Exercise brief:
The data below holds a line containing "pub url : String" and a line containing "llm_read_chat f Chat.no_choices"; please quote exactly those two lines and every line between them, and nothing else.

Provided data:
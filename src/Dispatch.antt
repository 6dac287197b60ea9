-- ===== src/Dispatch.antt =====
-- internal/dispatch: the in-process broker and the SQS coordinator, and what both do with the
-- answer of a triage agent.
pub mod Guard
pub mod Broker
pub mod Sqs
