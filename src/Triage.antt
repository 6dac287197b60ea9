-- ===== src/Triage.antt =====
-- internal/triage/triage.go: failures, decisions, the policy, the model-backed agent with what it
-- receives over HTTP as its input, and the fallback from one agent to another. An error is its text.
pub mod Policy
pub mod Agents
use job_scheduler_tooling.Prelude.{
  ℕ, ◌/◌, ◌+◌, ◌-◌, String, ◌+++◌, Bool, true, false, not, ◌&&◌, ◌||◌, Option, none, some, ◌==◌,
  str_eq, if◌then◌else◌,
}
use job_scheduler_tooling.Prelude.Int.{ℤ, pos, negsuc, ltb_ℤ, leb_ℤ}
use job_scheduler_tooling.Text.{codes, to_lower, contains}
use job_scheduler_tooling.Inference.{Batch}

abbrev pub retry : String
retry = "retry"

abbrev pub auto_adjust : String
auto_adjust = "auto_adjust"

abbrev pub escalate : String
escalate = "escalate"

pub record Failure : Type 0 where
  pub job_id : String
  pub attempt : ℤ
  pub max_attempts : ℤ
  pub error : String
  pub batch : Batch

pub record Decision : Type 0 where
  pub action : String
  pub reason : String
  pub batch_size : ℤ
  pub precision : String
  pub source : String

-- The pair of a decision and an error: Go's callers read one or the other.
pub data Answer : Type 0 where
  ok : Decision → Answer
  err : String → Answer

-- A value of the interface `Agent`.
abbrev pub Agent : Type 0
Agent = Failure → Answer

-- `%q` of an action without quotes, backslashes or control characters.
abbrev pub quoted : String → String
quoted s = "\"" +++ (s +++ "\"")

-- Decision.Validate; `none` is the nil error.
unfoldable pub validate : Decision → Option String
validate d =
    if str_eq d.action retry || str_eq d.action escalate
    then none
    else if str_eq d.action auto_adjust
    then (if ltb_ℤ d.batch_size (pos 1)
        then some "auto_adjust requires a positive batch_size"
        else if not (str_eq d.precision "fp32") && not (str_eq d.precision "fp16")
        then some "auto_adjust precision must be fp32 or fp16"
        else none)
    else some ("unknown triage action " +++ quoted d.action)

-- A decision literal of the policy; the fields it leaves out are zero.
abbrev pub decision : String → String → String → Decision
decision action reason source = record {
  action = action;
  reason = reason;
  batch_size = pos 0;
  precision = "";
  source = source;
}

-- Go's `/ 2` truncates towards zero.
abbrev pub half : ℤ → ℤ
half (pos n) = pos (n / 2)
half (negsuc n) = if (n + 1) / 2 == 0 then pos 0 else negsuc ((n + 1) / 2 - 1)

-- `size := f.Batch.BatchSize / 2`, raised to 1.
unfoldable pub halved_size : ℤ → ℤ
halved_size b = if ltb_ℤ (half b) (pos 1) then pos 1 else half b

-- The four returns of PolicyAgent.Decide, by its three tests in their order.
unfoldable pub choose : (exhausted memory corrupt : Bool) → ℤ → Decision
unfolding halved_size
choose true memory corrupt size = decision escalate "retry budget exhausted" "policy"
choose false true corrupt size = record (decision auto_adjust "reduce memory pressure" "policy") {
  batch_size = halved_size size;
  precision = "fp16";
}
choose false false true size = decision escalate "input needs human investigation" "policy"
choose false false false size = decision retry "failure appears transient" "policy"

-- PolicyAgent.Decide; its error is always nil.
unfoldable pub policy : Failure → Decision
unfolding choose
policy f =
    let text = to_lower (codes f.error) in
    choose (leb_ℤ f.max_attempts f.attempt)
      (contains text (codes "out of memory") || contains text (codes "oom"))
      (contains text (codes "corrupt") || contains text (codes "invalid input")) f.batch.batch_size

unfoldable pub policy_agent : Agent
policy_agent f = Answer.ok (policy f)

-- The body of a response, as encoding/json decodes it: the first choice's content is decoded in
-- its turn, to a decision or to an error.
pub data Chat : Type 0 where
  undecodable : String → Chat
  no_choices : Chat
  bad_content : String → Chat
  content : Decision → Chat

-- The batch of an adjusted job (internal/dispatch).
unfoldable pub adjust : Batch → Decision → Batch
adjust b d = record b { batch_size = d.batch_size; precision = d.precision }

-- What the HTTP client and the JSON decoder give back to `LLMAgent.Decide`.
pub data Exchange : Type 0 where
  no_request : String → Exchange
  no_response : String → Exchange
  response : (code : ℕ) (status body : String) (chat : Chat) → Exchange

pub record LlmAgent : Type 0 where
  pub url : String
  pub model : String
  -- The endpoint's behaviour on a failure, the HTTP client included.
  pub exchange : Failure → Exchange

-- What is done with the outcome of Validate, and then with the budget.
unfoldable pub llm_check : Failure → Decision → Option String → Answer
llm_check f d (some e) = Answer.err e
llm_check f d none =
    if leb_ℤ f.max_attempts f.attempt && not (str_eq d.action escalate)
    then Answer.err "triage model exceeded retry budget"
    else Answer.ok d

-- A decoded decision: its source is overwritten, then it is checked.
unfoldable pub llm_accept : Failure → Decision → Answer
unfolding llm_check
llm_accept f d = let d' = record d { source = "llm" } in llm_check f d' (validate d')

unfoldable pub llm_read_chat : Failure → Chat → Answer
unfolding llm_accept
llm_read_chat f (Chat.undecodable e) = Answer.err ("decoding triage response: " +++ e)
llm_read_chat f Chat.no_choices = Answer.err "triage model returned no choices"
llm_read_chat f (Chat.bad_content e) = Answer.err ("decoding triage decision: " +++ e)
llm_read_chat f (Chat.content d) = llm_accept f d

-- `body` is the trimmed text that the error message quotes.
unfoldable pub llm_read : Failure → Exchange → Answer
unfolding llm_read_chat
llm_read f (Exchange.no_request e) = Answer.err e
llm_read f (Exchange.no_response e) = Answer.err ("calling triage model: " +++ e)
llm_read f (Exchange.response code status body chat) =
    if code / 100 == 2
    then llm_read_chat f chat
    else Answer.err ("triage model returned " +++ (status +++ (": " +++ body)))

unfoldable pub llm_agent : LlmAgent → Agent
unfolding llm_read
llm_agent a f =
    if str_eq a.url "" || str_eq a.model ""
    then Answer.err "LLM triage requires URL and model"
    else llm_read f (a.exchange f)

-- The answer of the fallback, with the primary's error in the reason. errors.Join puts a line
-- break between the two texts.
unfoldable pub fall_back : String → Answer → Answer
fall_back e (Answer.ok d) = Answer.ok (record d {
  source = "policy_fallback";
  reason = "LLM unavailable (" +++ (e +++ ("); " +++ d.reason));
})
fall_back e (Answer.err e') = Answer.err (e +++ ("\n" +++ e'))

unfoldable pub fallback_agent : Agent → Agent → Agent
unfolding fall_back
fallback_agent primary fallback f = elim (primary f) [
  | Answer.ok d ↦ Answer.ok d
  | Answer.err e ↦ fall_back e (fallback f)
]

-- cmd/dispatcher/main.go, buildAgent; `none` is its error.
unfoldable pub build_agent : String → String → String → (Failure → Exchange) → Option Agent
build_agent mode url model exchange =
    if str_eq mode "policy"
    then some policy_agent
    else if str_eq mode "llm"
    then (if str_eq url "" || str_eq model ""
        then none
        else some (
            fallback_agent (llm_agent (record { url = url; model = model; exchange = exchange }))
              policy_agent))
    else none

--

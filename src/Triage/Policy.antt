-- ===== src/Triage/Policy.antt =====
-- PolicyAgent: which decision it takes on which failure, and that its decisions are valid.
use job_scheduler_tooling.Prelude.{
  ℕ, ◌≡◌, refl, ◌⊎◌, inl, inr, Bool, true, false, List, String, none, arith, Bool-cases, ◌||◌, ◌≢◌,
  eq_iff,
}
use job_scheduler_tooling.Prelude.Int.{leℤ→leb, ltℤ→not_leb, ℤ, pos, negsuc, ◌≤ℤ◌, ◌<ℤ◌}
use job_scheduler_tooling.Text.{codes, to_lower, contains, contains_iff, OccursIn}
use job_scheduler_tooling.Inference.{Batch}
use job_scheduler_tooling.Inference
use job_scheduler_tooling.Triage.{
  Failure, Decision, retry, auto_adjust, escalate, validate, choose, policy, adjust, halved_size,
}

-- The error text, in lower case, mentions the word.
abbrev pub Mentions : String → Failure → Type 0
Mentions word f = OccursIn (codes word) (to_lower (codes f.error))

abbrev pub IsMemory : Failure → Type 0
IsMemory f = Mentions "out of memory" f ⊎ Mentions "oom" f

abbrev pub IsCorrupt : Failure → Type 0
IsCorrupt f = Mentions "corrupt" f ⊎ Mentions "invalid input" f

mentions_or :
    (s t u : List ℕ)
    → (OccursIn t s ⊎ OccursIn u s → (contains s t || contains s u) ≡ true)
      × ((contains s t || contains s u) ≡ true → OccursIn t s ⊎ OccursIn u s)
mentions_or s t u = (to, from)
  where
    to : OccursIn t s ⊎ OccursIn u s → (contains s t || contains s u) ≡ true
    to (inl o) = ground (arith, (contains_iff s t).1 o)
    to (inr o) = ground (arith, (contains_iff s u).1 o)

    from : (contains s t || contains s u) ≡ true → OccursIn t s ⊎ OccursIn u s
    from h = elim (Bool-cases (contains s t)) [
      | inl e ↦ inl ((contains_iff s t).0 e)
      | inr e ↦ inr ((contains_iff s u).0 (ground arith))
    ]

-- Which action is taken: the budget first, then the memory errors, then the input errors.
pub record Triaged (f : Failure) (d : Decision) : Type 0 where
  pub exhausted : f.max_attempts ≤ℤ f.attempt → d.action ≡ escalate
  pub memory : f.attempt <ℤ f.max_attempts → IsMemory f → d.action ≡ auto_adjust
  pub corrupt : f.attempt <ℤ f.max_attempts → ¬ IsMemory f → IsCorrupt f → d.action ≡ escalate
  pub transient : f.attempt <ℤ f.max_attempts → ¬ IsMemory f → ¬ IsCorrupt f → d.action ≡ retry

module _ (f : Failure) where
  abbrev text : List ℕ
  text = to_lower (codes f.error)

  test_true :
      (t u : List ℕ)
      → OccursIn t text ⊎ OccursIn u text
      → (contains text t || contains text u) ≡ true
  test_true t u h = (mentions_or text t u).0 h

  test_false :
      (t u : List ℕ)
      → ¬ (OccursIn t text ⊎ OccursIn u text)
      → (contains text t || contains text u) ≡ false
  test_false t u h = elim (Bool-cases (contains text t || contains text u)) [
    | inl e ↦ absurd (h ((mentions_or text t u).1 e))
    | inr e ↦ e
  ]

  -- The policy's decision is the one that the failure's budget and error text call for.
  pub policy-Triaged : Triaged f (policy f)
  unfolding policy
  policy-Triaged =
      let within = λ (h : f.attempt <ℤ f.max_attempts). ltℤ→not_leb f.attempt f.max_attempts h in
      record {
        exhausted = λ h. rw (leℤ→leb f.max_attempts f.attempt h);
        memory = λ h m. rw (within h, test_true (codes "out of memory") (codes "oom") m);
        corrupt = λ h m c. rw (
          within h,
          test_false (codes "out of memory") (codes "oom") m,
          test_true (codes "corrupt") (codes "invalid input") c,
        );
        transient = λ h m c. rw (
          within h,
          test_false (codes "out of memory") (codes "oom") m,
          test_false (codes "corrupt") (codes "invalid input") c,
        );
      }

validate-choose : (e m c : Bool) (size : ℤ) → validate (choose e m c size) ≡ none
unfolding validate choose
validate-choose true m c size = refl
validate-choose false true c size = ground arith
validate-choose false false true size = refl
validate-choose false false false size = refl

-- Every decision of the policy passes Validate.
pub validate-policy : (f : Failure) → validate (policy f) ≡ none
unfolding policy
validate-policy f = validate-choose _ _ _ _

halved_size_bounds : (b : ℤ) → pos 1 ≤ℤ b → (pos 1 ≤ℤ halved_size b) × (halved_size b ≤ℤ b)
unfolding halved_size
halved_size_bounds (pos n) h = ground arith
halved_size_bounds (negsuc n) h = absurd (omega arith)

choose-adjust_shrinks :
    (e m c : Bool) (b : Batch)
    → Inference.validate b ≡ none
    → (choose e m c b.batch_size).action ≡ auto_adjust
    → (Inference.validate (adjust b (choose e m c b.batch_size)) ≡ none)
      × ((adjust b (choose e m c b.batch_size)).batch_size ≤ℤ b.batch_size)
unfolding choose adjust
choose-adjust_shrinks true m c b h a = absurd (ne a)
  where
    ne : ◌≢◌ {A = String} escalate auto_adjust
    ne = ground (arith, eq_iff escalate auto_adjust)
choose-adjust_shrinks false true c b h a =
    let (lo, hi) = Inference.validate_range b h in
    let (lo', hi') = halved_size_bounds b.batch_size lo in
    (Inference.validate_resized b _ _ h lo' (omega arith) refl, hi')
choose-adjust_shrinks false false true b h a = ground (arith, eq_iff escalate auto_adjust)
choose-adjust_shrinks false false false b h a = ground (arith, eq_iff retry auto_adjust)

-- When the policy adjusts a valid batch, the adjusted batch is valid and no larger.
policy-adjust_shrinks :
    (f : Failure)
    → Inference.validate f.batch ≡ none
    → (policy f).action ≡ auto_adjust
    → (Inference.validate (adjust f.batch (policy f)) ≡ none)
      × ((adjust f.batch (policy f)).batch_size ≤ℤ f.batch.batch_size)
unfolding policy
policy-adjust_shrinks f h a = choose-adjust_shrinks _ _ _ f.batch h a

Task solution:
  pub url : String
  pub model : String
  -- The endpoint's behaviour on a failure, the HTTP client included.
  pub exchange : Failure → Exchange

-- What is done with the outcome of Validate, and then with the budget.
unfoldable pub llm_check : Failure → Decision → Option String → Answer
llm_check f d (some e) = Answer.err e
llm_check f d none =
    if leb_ℤ f.max_attempts f.attempt && not (str_eq d.action escalate)
    then Answer.err "triage model exceeded retry budget"
    else Answer.ok d

-- A decoded decision: its source is overwritten, then it is checked.
unfoldable pub llm_accept : Failure → Decision → Answer
unfolding llm_check
llm_accept f d = let d' = record d { source = "llm" } in llm_check f d' (validate d')

unfoldable pub llm_read_chat : Failure → Chat → Answer
unfolding llm_accept
llm_read_chat f (Chat.undecodable e) = Answer.err ("decoding triage response: " +++ e)
llm_read_chat f Chat.no_choices = Answer.err "triage model returned no choices"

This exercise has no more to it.